La cytométrie en flux est l’étude de cellules individuelles lorsqu’elles traversent un flux liquide. Les composants de la cellule, que ce soit à l’intérieur ou à la surface, doivent d’abord être marqués avec un ou plusieurs colorants fluorescents. Un laser à l’intérieur d’un instrument appelé cytomètre en flux excite ces molécules fluorescentes afin qu’elles émettent de la lumière à différentes longueurs d’onde. La quantité de fluorescence peut donner une indication sur le pourcentage de divers types de cellules présents dans l’échantillon. La cytométrie en flux est utilisée dans les laboratoires pour diverses applications, notamment la recherche sur le cancer, l’immunologie et l’analyse du cycle cellulaire.

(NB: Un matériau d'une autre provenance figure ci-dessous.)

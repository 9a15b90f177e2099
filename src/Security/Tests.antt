-- ===== src/Security/Tests.antt =====
-- The theorems of the checks at concrete inputs, and runs of the code.
use runixo_agent.Prelude.{
  ◌≡◌, ◌↔◌, refl, Bool, true, false, Option, none, some, [], ◌∷◌, Text, codes, text_eq, join,
  Occurs, has_prefix, split, contains, contains_iff, search_from, to_lower,
}
use runixo_agent.Security.Config.{default_security_config}
use runixo_agent.Security.Path.{is_abs, clean, base, or_dot}
use runixo_agent.Security.Regex.{match_string}
use runixo_agent.Security.Commands.{
  rm_command, disk_redirect, disk_write, fork_bomb, pattern_of, validate_command,
  check_dangerous_command, find_dangerous, find_pattern, is_command_allowed, dangerous_command,
  sudo_disabled, not_listed,
}
use runixo_agent.Security.Commands.Accepted.{IsAccepted, validate_command_iff}
use runixo_agent.Security.Paths.{
  forbidden, write_restricted, check_real, find_prefix, validate_path, validate_path_for_write,
  write_restricted_paths,
}
use runixo_agent.Security.Paths.Decision.{
  HasNone, effective, validate_path_iff, write_through_link, find_prefix_iff,
}

cleans :
    (clean (codes "/a//b/./../c/") ≡ codes "/a/c")
    × (clean (codes "../../a/..") ≡ codes "../..")
    × (clean (codes "/..") ≡ codes "/")
    × (clean [] ≡ codes ".")
    × (base (codes "/usr/bin/ls/") ≡ codes "ls")
    × (base (codes "//") ≡ codes "/")
unfolding clean base text_eq has_prefix join split or_dot
cleans = (refl, refl, refl, refl, refl, refl)

patterns :
    (match_string (pattern_of rm_command) (codes "x; rm -rf -f /*") ≡ true)
    × (match_string (pattern_of rm_command) (codes "rm -x /tmp") ≡ false)
    × (match_string (pattern_of disk_redirect) (codes "cat a >  /dev/sda") ≡ true)
    × (match_string (pattern_of disk_write) (codes "dd if=a of=/dev/hdb") ≡ true)
    × (match_string (pattern_of fork_bomb) (codes ":() { :|:& };:") ≡ true)
unfolding match_string
patterns = (refl, refl, refl, refl, refl)

abbrev as_is : Text → Text
as_is s = s

commands :
    (validate_command as_is default_security_config (codes "/bin/ls") (codes "-l" ∷ []) false
      ≡ none)
    × (validate_command as_is default_security_config (codes "ls") [] true ≡ some sudo_disabled)
    × (validate_command as_is default_security_config (codes "echo") (codes "MKFS" ∷ []) false
        ≡ some (dangerous_command (codes "mkfs")))
    × (validate_command as_is default_security_config (codes "bash") [] false ≡ some not_listed)
unfolding validate_command text_eq join check_dangerous_command find_dangerous contains search_from
    to_lower find_pattern match_string is_command_allowed base split
commands = (refl, refl, refl, refl)

not_found : contains (codes "/tmp/x") (codes "..") ≡ true → ⊥
unfolding contains search_from text_eq
not_found h = cc

-- A link of that name to a system program.
abbrev links : Text → Option Text
links path = if_link (text_eq path (codes "/tmp/x"))
  where
    if_link : Bool → Option Text
    if_link true = some (codes "/usr/bin/ls")
    if_link false = none

validate_command_iff_example :
    (validate_command as_is default_security_config (codes "/bin/ls") (codes "-l" ∷ []) false
      ≡ none)
    ↔ IsAccepted as_is default_security_config (codes "/bin/ls") (codes "-l" ∷ []) false
validate_command_iff_example =
    validate_command_iff as_is default_security_config (codes "/bin/ls") (codes "-l" ∷ []) false

absolute : is_abs (codes "/a//../b") ≡ true
unfolding is_abs has_prefix
absolute = refl

validate_path_iff_example :
    (validate_path links default_security_config (codes "/tmp/x") ≡ none) ↔ (
      (is_abs (codes "/tmp/x") ≡ true)
      × (¬ (Occurs (codes "..") (codes "/tmp/x") × Occurs (codes "..") (clean (codes "/tmp/x"))))
      × HasNone default_security_config.forbidden_paths
          (effective (clean (codes "/tmp/x")) (links (clean (codes "/tmp/x")))))
validate_path_iff_example = validate_path_iff links default_security_config (codes "/tmp/x")

not_forbidden : HasNone default_security_config.forbidden_paths (codes "/usr/bin/ls")
unfolding find_prefix has_prefix
not_forbidden =
    (find_prefix_iff forbidden default_security_config.forbidden_paths (codes "/usr/bin/ls")).0 refl

leads : links (clean (codes "/tmp/x")) ≡ some (codes "/usr/bin/ls")
unfolding clean text_eq has_prefix join split or_dot
leads = refl

absolute_link : is_abs (codes "/tmp/x") ≡ true
unfolding is_abs has_prefix
absolute_link = refl

no_dots : ¬ Occurs (codes "..") (codes "/tmp/x")
no_dots o = not_found ((contains_iff (codes "/tmp/x") (codes "..")).1 o)

not_restricted : HasNone write_restricted_paths (clean (codes "/tmp/x"))
unfolding find_prefix clean text_eq has_prefix join split or_dot
not_restricted =
    (find_prefix_iff write_restricted write_restricted_paths (clean (codes "/tmp/x"))).0 refl

write_through_link_example :
    validate_path_for_write links default_security_config (codes "/tmp/x") ≡ none
write_through_link_example =
    write_through_link links default_security_config (codes "/tmp/x") (codes "/usr/bin/ls") leads
      absolute_link no_dots not_forbidden not_restricted

-- The link is written through, and the program itself is not.
writes :
    (validate_path_for_write links default_security_config (codes "/tmp/x") ≡ none)
    × (validate_path_for_write links default_security_config (codes "/usr/bin/ls")
        ≡ some (write_restricted (codes "/usr/bin")))
    × (validate_path links default_security_config (codes "/etc/../etc/shadow")
        ≡ some (forbidden (codes "/etc/shadow")))
unfolding validate_path_for_write validate_path check_real find_prefix text_eq has_prefix join split
    or_dot clean contains search_from is_abs
writes = (refl, refl, refl)
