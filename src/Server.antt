-- ===== src/Server.antt =====
-- internal/server/grpc.go: the handlers that do more than forward a call.
pub mod Archives
pub mod Uploads
pub mod Proxy
pub mod Handlers
mod Tests
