-- ===== src/Server/Archives.antt =====
-- internal/server/grpc.go: the checks of an archive before and after it is unpacked.
use runixo_agent.Prelude.{
  ℕ, Bool, true, false, not, ◌&&◌, ◌||◌, Option, none, some, List, [], ◌∷◌, ◌++◌, Text, codes,
  has_prefix, contains, if◌then◌else◌,
}
use runixo_agent.Security.Path.{is_abs, clean, join_path, dir_path, abs_path}
use runixo_agent.Plugin.Archive.{is_inside}
pub mod Accepted

pub data ArchiveError : Type 0 where
  cannot_open not_gzip bad_tar climbs absolute_link link_climbs : ArchiveError

-- An entry is a link, symbolic or hard, to a name, or something else.
pub data EntryKind : Type 0 where
  link : Text → EntryKind
  other : EntryKind

pub record Entry : Type 0 where
  pub name : Text
  pub kind : EntryKind

-- What the file is: not there, not compressed, or entries, and whether the archive ends after them.
pub data TarFile : Type 0 where
  missing uncompressed : TarFile
  entries : List Entry → Bool → TarFile

abbrev pub resolved_link : Text → Text → Text
resolved_link target name = join_path (dir_path target) (clean name)

unfoldable pub check_link : Text → Text → EntryKind → Option ArchiveError
check_link dest target other = none
check_link dest target (link name) =
    if is_abs (clean name)
    then some absolute_link
    else if not (is_inside dest (resolved_link target name))
    then some link_climbs
    else none

abbrev pub and_then : Option ArchiveError → Option ArchiveError → Option ArchiveError
and_then (some e) rest = some e
and_then none rest = rest

abbrev pub target_in : Text → Text → Text
target_in dest name = join_path dest (clean name)

unfoldable pub check_entry : Text → Entry → Option ArchiveError
check_entry dest e =
    if contains (clean e.name) (codes "..")
    then some climbs
    else if not (is_inside dest (target_in dest e.name))
    then some climbs
    else check_link dest (target_in dest e.name) e.kind

unfoldable pub check_entries : Text → List Entry → Bool → Option ArchiveError
check_entries dest [] true = none
check_entries dest [] false = some bad_tar
check_entries dest (e ∷ es) ends = and_then (check_entry dest e) (check_entries dest es ends)

unfoldable pub check_tar : Text → TarFile → Option ArchiveError
check_tar dest missing = some cannot_open
check_tar dest uncompressed = some not_gzip
check_tar dest (entries es ends) = check_entries dest es ends

-- `cwd` is the working directory.
unfoldable pub validate_tar_gz_before_extract : Text → Text → TarFile → Option ArchiveError
validate_tar_gz_before_extract cwd extract_to tar = check_tar (abs_path cwd extract_to) tar

-- Where the paths under the directory lead, those left out that cannot be resolved. The prefix is
-- compared without a slash after it.
unfoldable pub check_walked : Text → List (Option Text) → Bool
check_walked dest [] = true
check_walked dest (none ∷ reals) = check_walked dest reals
check_walked dest (some real ∷ reals) = has_prefix real dest && check_walked dest reals

unfoldable pub validate_extracted_files : Text → Text → List (Option Text) → Bool
validate_extracted_files cwd extract_to reals = check_walked (abs_path cwd extract_to) reals
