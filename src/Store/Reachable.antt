-- ===== src/Store/Reachable.antt =====
-- store.py: every database that a `MetricStore` can reach.
use mathlib.Core.Path.{subst}
use aws_ops_monitor.Prelude.{
  ◌≡◌, refl, inl, inr, sym, ap, ◌∙◌, Bool, false, List, [], ◌∷◌, ok, arith, leb, filter, All,
  All-filter, Result-cases, bind-ok,
}
use aws_ops_monitor.Prelude.Float.{Float}
use aws_ops_monitor.Models.{
  Scalar, GaugeObservation, CounterObservation, HealthObservation, CounterResult,
}
use aws_ops_monitor.Store.{Tables, Rollup, Codec, empty_tables, transaction}
use aws_ops_monitor.Store.Batch.{
  insert_gauge, insert_gauges, insert_health, insert_healths, record_counters, batch_body,
  record_batch,
}
use aws_ops_monitor.Store.Invariant.{
  IsCovered, IsConsistent, IsSound, UniqueBuckets, empty_tables-IsSound, record_counters-IsSound,
}
use aws_ops_monitor.Store.Retention.{
  same_bucket, add_rollup, merge_rollup, merge_all, group_rows, Cutoffs, retain, is_compacted,
  apply_retention,
}
use aws_ops_monitor.Store.Retention.Effects.{apply_retention-cases}

-- No row of the list is in the bucket.
abbrev IsFresh : Rollup → List Rollup → Type 0
IsFresh r = All (λ s. same_bucket r s ≡ false)

IsFresh-merge_rollup :
    (r new : Rollup) (rs : List Rollup)
    → same_bucket r new ≡ false
    → IsFresh r rs
    → IsFresh r (merge_rollup new rs)
unfolding merge_rollup
IsFresh-merge_rollup r new [] ne h = (ne, tt)
IsFresh-merge_rollup r new (s ∷ rs) ne h =
    ground (arith, IsFresh-merge_rollup r new rs ne h.1, same_bucket-add_right r s new)
  where
    same_bucket-add_right : (r s new : Rollup) → same_bucket r (add_rollup s new) ≡ same_bucket r s
    same_bucket-add_right r s new = unfold same_bucket add_rollup in refl

same_bucket-add_left : (s new r : Rollup) → same_bucket (add_rollup s new) r ≡ same_bucket s r
unfolding same_bucket add_rollup
same_bucket-add_left s new r = refl

IsFresh-add_rollup :
    (s new : Rollup) (rs : List Rollup) → IsFresh s rs → IsFresh (add_rollup s new) rs
IsFresh-add_rollup s new [] h = tt
IsFresh-add_rollup s new (r ∷ rs) h =
    (same_bucket-add_left s new r ∙ h.0, IsFresh-add_rollup s new rs h.1)

merge_rollup-UniqueBuckets :
    (new : Rollup) (rs : List Rollup) → UniqueBuckets rs → UniqueBuckets (merge_rollup new rs)
unfolding merge_rollup
merge_rollup-UniqueBuckets new [] h = (tt, tt)
merge_rollup-UniqueBuckets new (r ∷ rs) h = ground (
  arith,
  IsFresh-add_rollup r new rs h.0,
  merge_rollup-UniqueBuckets new rs h.1,
  IsFresh-merge_rollup r new rs,
)

merge_all-UniqueBuckets :
    (new rs : List Rollup) → UniqueBuckets rs → UniqueBuckets (merge_all new rs)
unfolding merge_all
merge_all-UniqueBuckets [] rs h = h
merge_all-UniqueBuckets (r ∷ new) rs h =
    merge_all-UniqueBuckets new (merge_rollup r rs) (merge_rollup-UniqueBuckets r rs h)

filter-UniqueBuckets :
    (p : Rollup → Bool) (rs : List Rollup) → UniqueBuckets rs → UniqueBuckets (filter p rs)
filter-UniqueBuckets p [] h = tt
filter-UniqueBuckets p (r ∷ rs) h =
    ground
      (arith, filter-UniqueBuckets p rs h.1, All-filter (λ s. same_bucket r s ≡ false) p rs h.0)

retain-IsSound : (c : Cutoffs) (db : Tables) → IsSound db → IsSound (retain c db).1
unfolding retain
retain-IsSound c db s = record {
  covered =
      All-filter (IsCovered db.counter_cursors) (λ r. leb c.raw r.observed_at) db.counter_samples
        s.covered;
  consistent =
      All-filter IsConsistent (λ r. leb c.raw r.observed_at) db.counter_samples s.consistent;
  unique_keys = s.unique_keys;
  unique_buckets = filter-UniqueBuckets _ _ (
      merge_all-UniqueBuckets (group_rows (filter (is_compacted c) db.counter_samples))
        db.counter_hourly_rollups s.unique_buckets);
}

module _ (codec : Codec) where
  insert_gauges-IsSound :
      (gs : List GaugeObservation) (db : Tables) → IsSound db → IsSound (insert_gauges codec gs db)
  unfolding insert_gauges insert_gauge
  insert_gauges-IsSound [] db s = s
  insert_gauges-IsSound (g ∷ gs) db s = insert_gauges-IsSound gs (insert_gauge codec db g) (record {
    covered = s.covered;
    consistent = s.consistent;
    unique_keys = s.unique_keys;
    unique_buckets = s.unique_buckets;
  })

  insert_healths-IsSound :
      (hs : List HealthObservation) (db : Tables)
      → IsSound db
      → IsSound (insert_healths codec hs db)
  unfolding insert_healths insert_health
  insert_healths-IsSound [] db s = s
  insert_healths-IsSound (h ∷ hs) db s =
      insert_healths-IsSound hs (insert_health codec db h) (record {
        covered = s.covered;
        consistent = s.consistent;
        unique_keys = s.unique_keys;
        unique_buckets = s.unique_buckets;
      })

  batch_body-IsSound :
      (gauges : List GaugeObservation) (counters : List CounterObservation)
      (health : List HealthObservation) (db : Tables) (r : List CounterResult × Tables)
      → batch_body codec gauges counters health db ≡ ok r
      → IsSound db
      → IsSound r.1
  unfolding batch_body
  batch_body-IsSound gauges counters health db r h s =
      let (made, recorded, done) =
        bind-ok (record_counters codec counters (insert_gauges codec gauges db)) _ h in
      let e : insert_healths codec health made.1 ≡ r.1 = ground arith in
      subst IsSound e (
        insert_healths-IsSound health made.1 (
          record_counters-IsSound codec counters (insert_gauges codec gauges db) made.1 made.0
            recorded (insert_gauges-IsSound gauges db s)))

  pub record_batch-IsSound :
      (gauges : List GaugeObservation) (counters : List CounterObservation)
      (health : List HealthObservation) (db : Tables)
      → IsSound db
      → IsSound (record_batch codec gauges counters health db).1
  unfolding record_batch
  record_batch-IsSound gauges counters health db s =
      elim (Result-cases (batch_body codec gauges counters health db)) [
        | inl (r, e) ↦ rw (e, transaction) (batch_body-IsSound gauges counters health db r e s)
        | inr (x, e) ↦ rw (e, transaction) s
      ]

  pub apply_retention-IsSound :
      (now : Float) (raw_days rollup_days : Scalar) (db : Tables)
      → IsSound db
      → IsSound (apply_retention now raw_days rollup_days db).1
  apply_retention-IsSound now raw_days rollup_days db s =
      elim (apply_retention-cases now raw_days rollup_days db) [
        | inl (c, good, fits, e) ↦ subst IsSound (sym (ap (λ p. p.1) e)) (retain-IsSound c db s)
        | inr (bad, (x, e)) ↦ subst IsSound (sym (ap (λ p. p.1) e)) s
      ]

  -- The databases that calls of the two writing methods lead to, whatever they are given and whether
  -- or not they raise. The schema is created empty.
  pub data Reaches : Tables → Type 0 where
    created : Reaches empty_tables
    batch :
        {db : Tables}
        → Reaches db
        → (gauges : List GaugeObservation) (counters : List CounterObservation)
          (health : List HealthObservation)
        → Reaches (record_batch codec gauges counters health db).1
    retention :
        {db : Tables}
        → Reaches db
        → (now : Float) (raw_days rollup_days : Scalar)
        → Reaches (apply_retention now raw_days rollup_days db).1

  -- In every database that the store can reach the keys of cursors and rollups are unique, no
  -- counter row is later than the cursor of its counter, baselines and resets have no delta, and no
  -- delta passes the raw value.
  pub Reaches-IsSound : {db : Tables} → Reaches db → IsSound db
  Reaches-IsSound created = empty_tables-IsSound
  Reaches-IsSound (batch r gauges counters health) =
      record_batch-IsSound gauges counters health _ (Reaches-IsSound r)
  Reaches-IsSound (retention r now raw_days rollup_days) =
      apply_retention-IsSound now raw_days rollup_days _ (Reaches-IsSound r)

Pour effectuer une analyse par cytométrie en flux, une suspension de cellules individuelles doit être colorée avec des colorants fluorescents, ce qui peut être fait en une étape ou en deux étapes. Les protéines cellulaires sont souvent colorées à l’aide d’anticorps dirigés contre la protéine d’intérêt. Un processus en une étape consiste à colorer les cellules avec des anticorps déjà marqués avec un colorant fluorescent. Si des anticorps marqués ne sont pas disponibles, les cellules peuvent être colorées d’abord avec un anticorps primaire non marqué, puis avec un anticorps secondaire marqué par fluorescence.
Une fois les cellules marquées, elles sont prêtes pour l’analyse par cytométrie en flux. Un tube contenant la suspension de cellules est chargé sur le cytomètre en flux. Les cellules traversent l’instrument et passent devant un laser en file indienne. Lorsque le laser frappe chaque cellule, la lumière est diffusée vers l’avant ou latéralement. Les mesures de diffusion vers l’avant donnent une indication de la taille des cellules, tandis que la diffusion latérale est une mesure de la granularité des cellules.
L’énergie du laser excite également les molécules de fluorochrome, le colorant fluorescent utilisé pour colorer les cellules. Un laser couramment utilisé pour la cytométrie en flux est le laser argon-ion qui émet de la lumière à une longueur d’onde de 488 nanomètres (nm). Cette lumière excite les molécules du colorant vert fluorescéine, qui émet alors de la lumière à une longueur d’onde de 525 nm. Les tubes photomultiplicateurs (PMT) du cytomètre en flux sont dotés de filtres lumineux qui détectent la lumière émise par les différents fluorochromes. L’instrument peut avoir plusieurs PMT qui détectent la lumière à différentes longueurs d’onde.
La diode rouge, la diode violette ou He-Ne (hélium-néon) sont d’autres lasers qui peuvent être utilisés dans un cytomètre en flux. D’autres fluorochromes utilisés dans l’analyse par cytométrie en flux comprennent la phycoérythrine, le rouge Texas ou l’allophycocyanine. Différentes combinaisons de lasers et de fluorochromes permettent au chercheur de collecter des informations sur de nombreux marqueurs cellulaires différents dans la même expérience.
Un logiciel conçu pour être utilisé avec le cytomètre en flux aide le chercheur à visualiser les données. Les populations cellulaires sont analysées à l’aide de tracés de points, de tracés de densité ou d’histogrammes. Des régions peuvent être dessinées autour des cellules d’intérêt et l’intensité de fluorescence peut donner une indication des pourcentages de diverses cellules dans l’échantillon.